Matt gives me a little side-eye, but then a pot starts to bubble over and he curses under his breath while he rushes to it. Isaiah cocks an eyebrow, tells me that if I need help with any of the equipment to ask first before I fuck anything up. It’s a nice gesture, I guess, though the tone implies he wants to throw something at me.
Never before have I bothered to exactly portion my meals, but never before have I cooked in a kitchen like this one. It’s the first time since I got here that I’m cooking for anyone other than myself, and I want to make sure I’m not messing anything up.
That’s exactly what I do, though. I try to make the guajillo aioli from scratch, wasting ten minutes and five eggs before I realize I used the egg whites instead of the yolk and have to throw it all away.
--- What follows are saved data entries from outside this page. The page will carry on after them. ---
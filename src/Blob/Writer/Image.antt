-- ===== src/Blob/Writer/Image.antt =====
-- The bytes that the requests of a file show, and that the requests cover it.
use gemma_cpp.Base.{
  ℕ, zero, suc, ◌+◌, ◌-◌, ◌≤◌, ◌<◌, ◌≡◌, refl, arith, true, ltb, if◌then◌else◌, List, [], ◌∷◌, ◌++◌,
  ◌∙◌, ap, sym, get_elem?, some, dec_lt, lt→ltb, ge→ltb, subst, ne→==,
}
use gemma_cpp.Blob.{Buffer, Pointer, BlobIo, Span}
use gemma_cpp.Blob.Io.{Memory}
use gemma_cpp.Blob.Chunks.Tiling.{Tiles}
use gemma_cpp.Blob.Store.{RoundsUp, align}
use gemma_cpp.Blob.Store.Layout.{SizesFit, padding_request, padded_total, Plan}

-- The bytes of the request are those of the image.
pub record Shows (memory : Memory) (image : ℕ → ℕ) (lo hi : ℕ) (r : BlobIo) : Type 0 where
  pub some_bytes : 0 < r.size
  pub above : lo ≤ r.offset
  pub below : r.offset + r.size ≤ hi
  pub bytes : (k : ℕ) → k < r.size → memory r.ptr.buffer (r.ptr.at + k) ≡ image (r.offset + k)

abbrev pub AllShow : Memory → (ℕ → ℕ) → ℕ → ℕ → List BlobIo → Type 0
AllShow memory image lo hi [] = Unit {0}
AllShow memory image lo hi (r ∷ rs) = Shows memory image lo hi r × AllShow memory image lo hi rs

-- Each request starts where the one before ends.
abbrev pub BackToBack : ℕ → List BlobIo → ℕ → Type 0
BackToBack at [] end = at ≡ end
BackToBack at (r ∷ rs) end = (r.offset ≡ at) × BackToBack (at + r.size) rs end

pub BackToBack-append :
    (a b c : ℕ) (xs ys : List BlobIo)
    → BackToBack a xs b
    → BackToBack b ys c
    → BackToBack a (xs ++ ys) c
BackToBack-append a b c [] ys e t = subst (λ k. BackToBack k ys c) (sym e) t
BackToBack-append a b c (x ∷ xs) ys (e, s) t = (e, BackToBack-append (a + x.size) b c xs ys s t)

pub AllShow-append :
    (memory : Memory) (image : ℕ → ℕ) (lo hi : ℕ) (xs ys : List BlobIo)
    → AllShow memory image lo hi xs
    → AllShow memory image lo hi ys
    → AllShow memory image lo hi (xs ++ ys)
AllShow-append memory image lo hi [] ys s t = t
AllShow-append memory image lo hi (x ∷ xs) ys (e, s) t =
    (e, AllShow-append memory image lo hi xs ys s t)

-- Every position is in the range of a request.
pub BackToBack-covers :
    (at end q : ℕ) (rs : List BlobIo)
    → BackToBack at rs end
    → at ≤ q
    → q < end
    → (i : ℕ) × (r : BlobIo) × (get_elem? rs i ≡ some r) × (r.offset ≤ q) × (q < r.offset + r.size)
BackToBack-covers at end q [] e lo hi = absurd (omega arith)
BackToBack-covers at end q (r ∷ rs) (e, t) lo hi = elim (dec_lt q (at + r.size)) [
  | yes here ↦ (0, r, refl, omega arith, omega arith)
  | no later ↦
      let (i, r', g, a, b) = BackToBack-covers (at + r.size) end q rs t (omega arith) hi in
      (suc i, r', g, a, b)
]

pub AllShow-get :
    (memory : Memory) (image : ℕ → ℕ) (lo hi : ℕ) (rs : List BlobIo) (i : ℕ) (r : BlobIo)
    → AllShow memory image lo hi rs
    → get_elem? rs i ≡ some r
    → Shows memory image lo hi r
AllShow-get memory image lo hi [] i r s e = cc
AllShow-get memory image lo hi (x ∷ xs) zero r (s, t) e =
    let same : x ≡ r = cc in subst (Shows memory image lo hi) same s
AllShow-get memory image lo hi (x ∷ xs) (suc i) r (s, t) e =
    AllShow-get memory image lo hi xs i r t e

module _ (round_up_to : ℕ → ℕ → ℕ) (memory : Memory) where
  -- The blobs from `at` on, each followed by zeros up to a multiple of the alignment.
  abbrev pub blobs_image : ℕ → List Span → ℕ → ℕ
  blobs_image at [] q = 0
  blobs_image at (b ∷ bs) q =
      if ltb q (at + b.size)
      then memory b.ptr.buffer (b.ptr.at + (q - at))
      else if ltb q (at + round_up_to b.size align)
      then 0
      else blobs_image (at + round_up_to b.size align) bs q

  -- A file: its header, and the blobs behind it.
  abbrev pub file_image : ℕ → List Span → ℕ → ℕ
  file_image padded blobs q =
      if ltb q padded then memory Buffer.header q else blobs_image padded blobs q

module _ (memory : Memory) (image : ℕ → ℕ) (lo hi : ℕ) where
  -- The requests from `at` up to `end`, which show the image.
  abbrev pub Covers : ℕ → List BlobIo → ℕ → Type 0
  Covers at rs end = BackToBack at rs end × AllShow memory image lo hi rs

  Covers-append :
      (a b c : ℕ) (xs ys : List BlobIo) → Covers a xs b → Covers b ys c → Covers a (xs ++ ys) c
  Covers-append a b c xs ys (s, s') (t, t') =
      (BackToBack-append a b c xs ys s t, AllShow-append memory image lo hi xs ys s' t')

  Tiles-Covers :
      (at n : ℕ) (ptr : Pointer) (rs : List BlobIo)
      → Tiles at n ptr rs
      → ((k : ℕ) → k < n → memory ptr.buffer (ptr.at + k) ≡ image (at + k))
      → lo ≤ at
      → at + n ≤ hi
      → Covers at rs (at + n)
  Tiles-Covers at n ptr [] e h l u = (omega arith, tt)
  Tiles-Covers at n ptr (r ∷ rs) (eo, ep, some_bytes, _, room, t) h l u =
      let (b, s) =
        Tiles-Covers (at + r.size) (n - r.size) (record ptr { at = ptr.at + r.size }) rs t
          (λ k lt.
            ap (memory ptr.buffer) (omega arith)
            ∙ h (r.size + k) (omega arith)
            ∙ ap image (omega arith))
          (omega arith) (omega arith) in
      (
        (eo, subst (BackToBack (at + r.size) rs) (omega arith) b),
        (
          record {
            some_bytes = some_bytes;
            above = omega arith;
            below = omega arith;
            bytes = λ k lt.
                ap (λ (p : Pointer). memory p.buffer (p.at + k)) ep
                ∙ h k (omega arith)
                ∙ ap (λ o. image (o + k)) (sym eo);
          },
          s,
        ),
      )

  padding-Covers :
      (at n : ℕ)
      → ((q : ℕ) → memory Buffer.zeros q ≡ 0)
      → ((k : ℕ) → k < n → image (at + k) ≡ 0)
      → lo ≤ at
      → at + n ≤ hi
      → Covers at (padding_request at n) (at + n)
  padding-Covers at zero z h l u = (omega arith, tt)
  padding-Covers at (suc n) z h l u = rw (ne→== (suc n) 0 (omega arith)) (
    (refl, refl),
    (
      record {
        some_bytes = omega arith;
        above = l;
        below = u;
        bytes = λ k lt. z (0 + k) ∙ sym (h k lt);
      },
      tt,
    ),
  )

module _ (round_up_to : ℕ → ℕ → ℕ) (rounds : RoundsUp round_up_to) (memory : Memory)
    (zeros : (q : ℕ) → memory Buffer.zeros q ≡ 0) (image : ℕ → ℕ) (lo hi : ℕ) where
  abbrev pub tail : ℕ → List Span → ℕ → ℕ
  tail = blobs_image round_up_to memory

  -- The image of the first blob, of its padding, and of the blobs behind it.
  pub tail_inside :
      (at k : ℕ) (b : Span) (bs : List Span)
      → k < b.size
      → tail at (b ∷ bs) (at + k) ≡ memory b.ptr.buffer (b.ptr.at + k)
  tail_inside at k b bs h =
      let test : ltb (at + k) (at + b.size) ≡ true = lt→ltb _ _ (omega arith) in
      let back : at + k - at ≡ k = omega arith in rw (test, back)

  tail_padding :
      (at q : ℕ) (b : Span) (bs : List Span)
      → at + b.size ≤ q
      → q < at + round_up_to b.size align
      → tail at (b ∷ bs) q ≡ 0
  tail_padding at q b bs h l = rw (ge→ltb q (at + b.size) h, lt→ltb q _ l)

  pub tail_behind :
      (at q : ℕ) (b : Span) (bs : List Span)
      → at + b.size ≤ q
      → at + round_up_to b.size align ≤ q
      → tail at (b ∷ bs) q ≡ tail (at + round_up_to b.size align) bs q
  tail_behind at q b bs h l = rw (ge→ltb q (at + b.size) h, ge→ltb q _ l)

  -- The planned requests show the image of the blobs.
  pub Plan-Covers :
      (at : ℕ) (blobs : List Span) (rs : List BlobIo)
      → Plan round_up_to at blobs rs
      → SizesFit blobs
      → ((q : ℕ) → at ≤ q → image q ≡ tail at blobs q)
      → lo ≤ at
      → at + padded_total round_up_to blobs ≤ hi
      → Covers memory image lo hi at rs (at + padded_total round_up_to blobs)
  Plan-Covers at [] rs e sf same l u =
      subst (λ rs. Covers memory image lo hi at rs (at + 0)) (sym e) (omega arith, tt)
  Plan-Covers at (b ∷ bs) rs (chunks, rest, e, t, plan) (fit, sf) same l u =
      let r = rounds b.size align (omega arith) (omega arith) in
      let up = round_up_to b.size align in
      let of_chunks =
        Tiles-Covers memory image lo hi at b.size b.ptr chunks t
          (λ k lt. sym (same (at + k) (omega arith) ∙ tail_inside at k b bs lt)) l (omega arith) in
      let of_padding =
        padding-Covers memory image lo hi (at + b.size) (up - b.size) zeros
          (λ k lt.
            same (at + b.size + k) (omega arith)
            ∙ tail_padding at (at + b.size + k) b bs (omega arith) (omega arith))
          (omega arith) (omega arith) in
      let of_rest =
        Plan-Covers (at + up) bs rest plan sf
          (λ q h. same q (omega arith) ∙ tail_behind at q b bs (omega arith) h) (omega arith)
          (omega arith) in
      let padded : at + b.size + (up - b.size) ≡ at + up = omega arith in
      let total : at + up + padded_total round_up_to bs ≡ at + (up + padded_total round_up_to bs) =
        omega arith in
      let pad = padding_request (at + b.size) (up - b.size) in
      subst (λ rs. Covers memory image lo hi at rs (at + (up + padded_total round_up_to bs)))
        (sym e)
        (Covers-append memory image lo hi at (at + b.size) _ chunks (pad ++ rest) of_chunks (
          Covers-append memory image lo hi (at + b.size) (at + up) _ pad rest
            (subst (Covers memory image lo hi (at + b.size) pad) padded of_padding)
            (subst (Covers memory image lo hi (at + up) rest) total of_rest)))
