-- ===== src/Blob/RoundTrip.antt =====
-- What a program gets back from a file of compression/blob_store.cc: Open, Enqueue and ReadAll of
-- BlobReader, one after the other, on a file that BlobWriter::WriteAll has left.
pub mod Fetched
use gemma_cpp.Base.{
  ℕ, zero, suc, ◌+◌, ◌-◌, ◌^◌, ◌≤◌, ◌<◌, ◌≡◌, refl, arith, ok, ◌>>=◌, ◌==◌, ◌&&◌, List, [], ◌∷◌,
  ◌∙◌, ap, sym, Option, some, none, length, get_elem?, dec_lt, if◌then◌else◌, Bool-cases, inl, inr,
  subst, true, false,
}
use gemma_cpp.Base.Block.{Block}
use gemma_cpp.Blob.{Run, U128, BlobError, Buffer, Pointer, BlobIo, Span}
use gemma_cpp.Blob.Chunks.Tiling.{Tiles}
use gemma_cpp.Blob.Io.{Calls, Memory}
use gemma_cpp.Blob.Store.{RoundsUp, Allocator, align}
use gemma_cpp.Blob.Store.Layout.{SizesFit, padded_total}
use gemma_cpp.Blob.Store.Find.{first_blob}
use gemma_cpp.Blob.Writer.Image.{blobs_image, tail_inside, tail_behind}
use gemma_cpp.Blob.Reader.{BlobReader, new_reader, open_reader, enqueue, read_all}
use gemma_cpp.Blob.Reader.Enqueue.{first_blob_here, first_blob_later}
use gemma_cpp.Blob.Reader.Fetch.{AllFetch}

-- A program that reads the blob of one key. The pool runs `n` tasks in the order `order n`.
unfoldable pub fetch :
    (ℕ → ℕ → ℕ)
    → Allocator
    → ℕ
    → Calls
    → Calls
    → (ℕ → Calls)
    → (ℕ → ℕ)
    → (ℕ → List ℕ)
    → Block
    → U128
    → Pointer
    → ℕ
    → Memory
    → Run (List BlobError × Memory)
fetch round_up_to allocator fd first rest calls stack order file key data_ptr size memory = do
  (e₁, r₁) ←
      open_reader round_up_to allocator (some fd) first rest (some (some file.size)) stack file
        new_reader
  (e₂, r₂) ← enqueue key data_ptr size r₁
  (e₃, memory') ← read_all calls file (order (length r₂.requests)) r₂ memory
  ok (e₁ ∷ e₂ ∷ e₃ ∷ [], memory')

-- The first blob that was added with this key.
unfoldable pub first_span : List U128 → List Span → U128 → Option Span
first_span [] bs key = none
first_span (k ∷ ks) [] key = none
first_span (k ∷ ks) (b ∷ bs) key =
    if k.lo == key.lo && k.hi == key.hi then some b else first_span ks bs key

some_eq : {a b : Span} → ◌≡◌ {A = Option Span} (some a) (some b) → a ≡ b
some_eq e = cc

module _ (k : U128) (ks : List U128) (b : Span) (bs : List Span) (key : U128) where
  first_span_here :
      k.lo == key.lo && k.hi == key.hi ≡ true → first_span (k ∷ ks) (b ∷ bs) key ≡ some b
  unfolding first_span
  first_span_here h = rw h

  first_span_later :
      k.lo == key.lo && k.hi == key.hi ≡ false
      → first_span (k ∷ ks) (b ∷ bs) key ≡ first_span ks bs key
  unfolding first_span
  first_span_later h = rw h

module _ (round_up_to : ℕ → ℕ → ℕ) (rounds : RoundsUp round_up_to) (memory : Memory)
    (zeros : (q : ℕ) → memory Buffer.zeros q ≡ 0) (image : ℕ → ℕ) (lo hi : ℕ) where
  -- Where the first blob of the key stands, and the bytes that stand there.
  pub record Stands (at : ℕ) (keys : List U128) (blobs : List Span) (key : U128) (b : Span)
      (offset : ℕ) : Type 0 where
    pub found : first_blob round_up_to at keys blobs key ≡ some (offset, b.size)
    pub above : at ≤ offset
    pub below : offset + b.size ≤ at + padded_total round_up_to blobs
    pub bytes :
        (k : ℕ)
        → k < b.size
        → blobs_image round_up_to memory at blobs (offset + k) ≡ memory b.ptr.buffer (b.ptr.at + k)

  pub first_span-Stands :
      (at : ℕ) (keys : List U128) (blobs : List Span) (key : U128) (b : Span)
      → SizesFit blobs
      → first_span keys blobs key ≡ some b
      → (offset : ℕ) × Stands at keys blobs key b offset
  first_span-Stands at [] bs key b sf e = unfold first_span in cc
  first_span-Stands at (k ∷ ks) [] key b sf e = unfold first_span in cc
  first_span-Stands at (k ∷ ks) (x ∷ bs) key b (fit, sf) e =
      let r = rounds x.size align (omega arith) (omega arith) in
      elim (Bool-cases (k.lo == key.lo && k.hi == key.hi)) [
        | inl here ↦
            let same : x ≡ b = some_eq (sym (first_span_here k ks x bs key here) ∙ e) in
            subst (λ b. (offset : ℕ) × Stands at (k ∷ ks) (x ∷ bs) key b offset) same
              (
                at,
                record {
                  found = first_blob_here round_up_to rounds at k ks x bs key here;
                  above = omega arith;
                  below = omega arith;
                  bytes =
                      λ i l. tail_inside round_up_to rounds memory zeros image lo hi at i x bs l;
                },
              )
        | inr later ↦
            let rest : first_span ks bs key ≡ some b =
              sym (first_span_later k ks x bs key later) ∙ e in
            let (offset, s) =
              first_span-Stands (at + round_up_to x.size align) ks bs key b sf rest in
            (
              offset,
              record {
                found = first_blob_later round_up_to rounds at k ks x bs key later ∙ s.found;
                above = omega (arith, s.above);
                below = omega (arith, s.below);
                bytes = λ i l.
                    tail_behind round_up_to rounds memory zeros image lo hi at (offset + i) x bs
                      (omega (arith, s.above)) (omega (arith, s.above))
                    ∙ s.bytes i l;
              },
            )
      ]

-- The request of each byte.
pub Tiles-at :
    (at n k : ℕ) (ptr : Pointer) (rs : List BlobIo)
    → Tiles at n ptr rs
    → k < n
    → (i : ℕ) × (r : BlobIo) × (j : ℕ) × (get_elem? rs i ≡ some r)
      × (j < r.size)
      × (r.ptr.buffer ≡ ptr.buffer)
      × (r.ptr.at + j ≡ ptr.at + k)
      × (r.offset + j ≡ at + k)
Tiles-at at n k ptr [] e l = absurd (omega arith)
Tiles-at at n k ptr (r ∷ rs) (eo, ep, pos, _, room, t) l = elim (dec_lt k r.size) [
  | yes here ↦
      let place : r.ptr.at ≡ ptr.at = ap (λ (p : Pointer). p.at) ep in
      (0, r, k, refl, here, ap (λ (p : Pointer). p.buffer) ep, omega arith, omega arith)
  | no later ↦
      let (i, r', j, g, lt, eb, ea, eo') =
        Tiles-at (at + r.size) (n - r.size) (k - r.size) (record ptr { at = ptr.at + r.size }) rs t
          (omega arith) in
      (suc i, r', j, g, lt, eb, omega arith, omega arith)
]

-- Memory that has the bytes of the file from `offset` on at `start`.
abbrev pub wanted_at : Block → ℕ → ℕ → Memory
wanted_at file offset start b q = file.byte (offset + (q - start))

pub Tiles-AllFetch :
    (file : Block) (offset start at n : ℕ) (ptr : Pointer) (rs : List BlobIo)
    → Tiles at n ptr rs
    → start ≤ ptr.at
    → offset + (ptr.at - start) ≡ at
    → at + n ≤ file.size
    → AllFetch file (wanted_at file offset start) rs
Tiles-AllFetch file offset start at n ptr [] t l e h = tt
Tiles-AllFetch file offset start at n ptr (r ∷ rs) (eo, ep, pos, _, room, t) l e h =
    let place : r.ptr.at ≡ ptr.at = ap (λ (p : Pointer). p.at) ep in
    (
      record { inside = omega arith; bytes = λ k lt. ap file.byte (omega arith) },
      Tiles-AllFetch file offset start (at + r.size) (n - r.size)
          (record ptr { at = ptr.at + r.size }) rs t (omega arith) (omega arith) (omega arith),
    )
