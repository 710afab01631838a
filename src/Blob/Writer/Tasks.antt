-- ===== src/Blob/Writer/Tasks.antt =====
-- What the tasks of BlobWriter::WriteAll leave in the file.
use gemma_cpp.Base.{
  ◌-◌, ◌≢◌, ℕ, ◌+◌, ◌^◌, ◌≤◌, ◌<◌, ◌≡◌, refl, arith, Bool, true, false, not, ◌||◌, ok, List, [],
  ◌∷◌, ◌==◌, ◌∙◌, ap, get_elem?, some, inl, inr, dec_lt, ==_self, ==_iff, max, ne→==, subst,
}
use gemma_cpp.Base.Block.{Block}
use gemma_cpp.Blob.{BlobIo}
use gemma_cpp.Blob.Io.{Calls, Pwrites, Progresses, Memory, io_write}
use gemma_cpp.Blob.Io.Writes.{Wrote, io_write_run}
use gemma_cpp.Blob.Writer.{Elem, write_tasks}
use gemma_cpp.Blob.Writer.Image.{Shows, AllShow, AllShow-get}

-- The file holds the byte of the image at `q`.
abbrev pub Right : (ℕ → ℕ) → Block → ℕ → Type 0
Right image f q = (q < f.size) × (f.byte q ≡ image q)

abbrev pub InRange : BlobIo → ℕ → Type 0
InRange r q = (r.offset ≤ q) × (q < r.offset + r.size)

module _ (memory : Memory) (image : ℕ → ℕ) (lo hi : ℕ) (r : BlobIo)
    (shows : Shows memory image lo hi r) where
  Wrote-Right_new :
      (p q : ℕ) (f g : Block)
      → p ≤ r.size
      → Wrote memory r.ptr r.offset 0 p f g
      → r.offset ≤ q
      → q < r.offset + p
      → Right image g q
  Wrote-Right_new p q f g h w l u =
      let k = q - r.offset in
      let back : r.offset + k ≡ q = omega arith in
      let some_written : 0 ≢ p = λ e. omega arith in
      let size : g.size ≡ max f.size (r.offset + p) = w.size ∙ rw (ne→== 0 p some_written) in
      (
        omega arith,
        subst (λ q. g.byte q ≡ image q) back
            (w.written k (omega arith) (omega arith) ∙ shows.bytes k (omega arith)),
      )

  Wrote-grows :
      (p : ℕ) (f g : Block)
      → p ≤ r.size
      → f.size ≤ hi
      → Wrote memory r.ptr r.offset 0 p f g
      → (f.size ≤ g.size) × (g.size ≤ hi)
  Wrote-grows p f g h i w = let below = shows.below in let size = w.size in ground arith

  -- A task keeps what is right.
  Wrote-Right_old :
      (p q : ℕ) (f g : Block)
      → p ≤ r.size
      → f.size ≤ hi
      → Wrote memory r.ptr r.offset 0 p f g
      → Right image f q
      → Right image g q
  Wrote-Right_old p q f g h i w (in_file, e) =
      let grows = (Wrote-grows p f g h i w).0 in
      elim (dec_lt q r.offset) [
        | yes before ↦ (omega arith, w.kept q (inl (omega arith)) ∙ e)
        | no not_before ↦ elim (dec_lt q (r.offset + p)) [
          | yes inside ↦ Wrote-Right_new p q f g h w (omega arith) inside
          | no behind ↦ (omega arith, w.kept q (inr (omega arith)) ∙ e)
        ]
      ]

module _ (calls : ℕ → Calls) (writes : (i : ℕ) → Pwrites (calls i)) (memory : Memory)
    (image : ℕ → ℕ) (hi : ℕ) (fits : hi < 2 ^ 64) (requests : List BlobIo)
    (show : AllShow memory image 0 hi requests) where
  write_tasks_step :
      (i : ℕ) (order : List ℕ) (err done : Bool) (r : BlobIo) (f g : Block)
      → get_elem? requests i ≡ some r
      → io_write (calls i) memory r.ptr r.size r.offset f ≡ ok (done, g)
      → write_tasks calls memory requests (i ∷ order) err f
        ≡ write_tasks calls memory requests order (err || not done) g
  unfolding write_tasks
  write_tasks_step i order err done r f g e run = rw (write_tasks, e, run)

  -- How the tasks of `order` end: `err` and the file.
  pub record Ended (order : List ℕ) (err err' : Bool) (f f' : Block) : Type 0 where
    pub run : write_tasks calls memory requests order err f ≡ ok (err', f')
    pub size : f'.size ≤ hi
    pub kept : (q : ℕ) → Right image f q → Right image f' q
    pub no_error : err' ≡ false → err ≡ false
    pub written :
        err' ≡ false
        → (i q : ℕ) (r : BlobIo) → Elem i order
        → get_elem? requests i ≡ some r
        → InRange r q
        → Right image f' q
    pub complete : (limit : ℕ) → ((i : ℕ) → Progresses (calls i) limit) → hi ≤ limit → err' ≡ err

  or_false : (a b : Bool) → a || not b ≡ false → (a ≡ false) × (b ≡ true)
  or_false a b e = ground arith

  or_not-true : (a : Bool) → a || not true ≡ a
  or_not-true true = refl
  or_not-true false = refl

  pub write_tasks-Ended :
      (order : List ℕ) (err : Bool) (f : Block)
      → f.size ≤ hi
      → ((i : ℕ) → Elem i order → (r : BlobIo) × (get_elem? requests i ≡ some r))
      → (err' : Bool) × (f' : Block) × Ended order err err' f f'
  write_tasks-Ended [] err f h has = (
    err,
    f,
    record {
      run = unfold write_tasks in refl;
      size = h;
      kept = λ q t. t;
      no_error = λ e. e;
      written = λ e i q r m at inside. absurd m;
      complete = λ limit go room. refl;
    },
  )
  write_tasks-Ended (i ∷ order) err f h has =
      let (r, e) = has i (inl refl) in
      let s = AllShow-get memory image 0 hi requests i r show e in
      let room : r.offset + r.size < 2 ^ 64 = omega (arith, s.below) in
      let (p, g, small, wrote_run, wrote, all) =
        io_write_run (calls i) memory r.ptr r.offset r.size room (writes i) f in
      let grows = Wrote-grows memory image 0 hi r s p f g small h wrote in
      let (err', f', t) =
        write_tasks-Ended order (err || not (p == r.size)) g grows.1 (λ j m. has j (inr m)) in
      (
        err',
        f',
        record {
          run = write_tasks_step i order err (p == r.size) r f g e wrote_run ∙ t.run;
          size = t.size;
          kept = λ q right.
              t.kept q (Wrote-Right_old memory image 0 hi r s p q f g small h wrote right);
          no_error = λ z. (or_false err (p == r.size) (t.no_error z)).0;
          written = λ z j q r' m e' inside. elim m [
            | inl here ↦
                let same : r' ≡ r = cc in
                let inside' = subst (λ x. InRange x q) same inside in
                let full : p ≡ r.size =
                  (==_iff p r.size).0 (or_false err (p == r.size) (t.no_error z)).1 in
                t.kept q (
                  Wrote-Right_new memory image 0 hi r s p q f g small wrote inside'.0
                    (omega (arith, inside'.1, full)))
            | inr later ↦ t.written z j q r' later e' inside
          ];
          complete = λ limit go above.
              t.complete limit go above
              ∙ ap (λ k. err || not (k == r.size)) (all limit (go i) (omega (arith, s.below)))
              ∙ ap (λ b. err || not b) (==_self r.size)
              ∙ or_not-true err;
        },
      )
The veggies for the sandwiches are sliced unevenly, I overcook the steak and leave lumps of garlic in the bean puree. It’s almost forty minutes after Elias told me to have something ready when I pull out the last of the bolillos from the broiler where they’ve been toasting. I assemble the sandwiches, cut them into halves, wish to become completely invisible. People are gonna tear me apart.
Elias is in the expedite station, meeting with the front of house manager. I stand nearby, not wanting to interrupt. When Isaiah sees me standing there for a while, he calls over. “Hey, man, if those are done, just play the music.”
“Right,” I say. I’m convinced Chef is going to barge in and fire me. That Elias himself will throw me out and tell me never to set foot in a kitchen again.
Felix appears for the first time all day. He’s a white, transparent, Casper-style cartoon ghost, floating around like a kid’s last-minute Halloween costume. “I can’t believe the emotion you’re going for right now is worry. If I were you, I’d be dancing. You just cooked in a professional kitchen, brother.”
I give him a look.
“You’re right. I’ve seen you dance. Please, continue worrying.”
I hang around the window where the sandwiches are sitting under the heat lamp, not sure what the hell else I’m supposed to do. People don’t abandon their stations right away to come eat; they still have prep sheets to go through, slack to pick up from us being understaffed. Elias shows up pretty quickly. “What do we have here?”
“Banh mi tortas.”
He raises his eyebrows at me. “Nice.” Then he takes a big bite, wipes at some bean paté that’s on the side of his mouth. He nods while chewing, bites again. I can barely stomach half a sandwich myself while I wait for people to trickle in and lay their reactions on me. “Not bad,” Elias says, and it doesn’t sound like a compliment to me. I disappear back into my station, for once happy at being cast away to a corner of the kitchen that proves I don’t belong here.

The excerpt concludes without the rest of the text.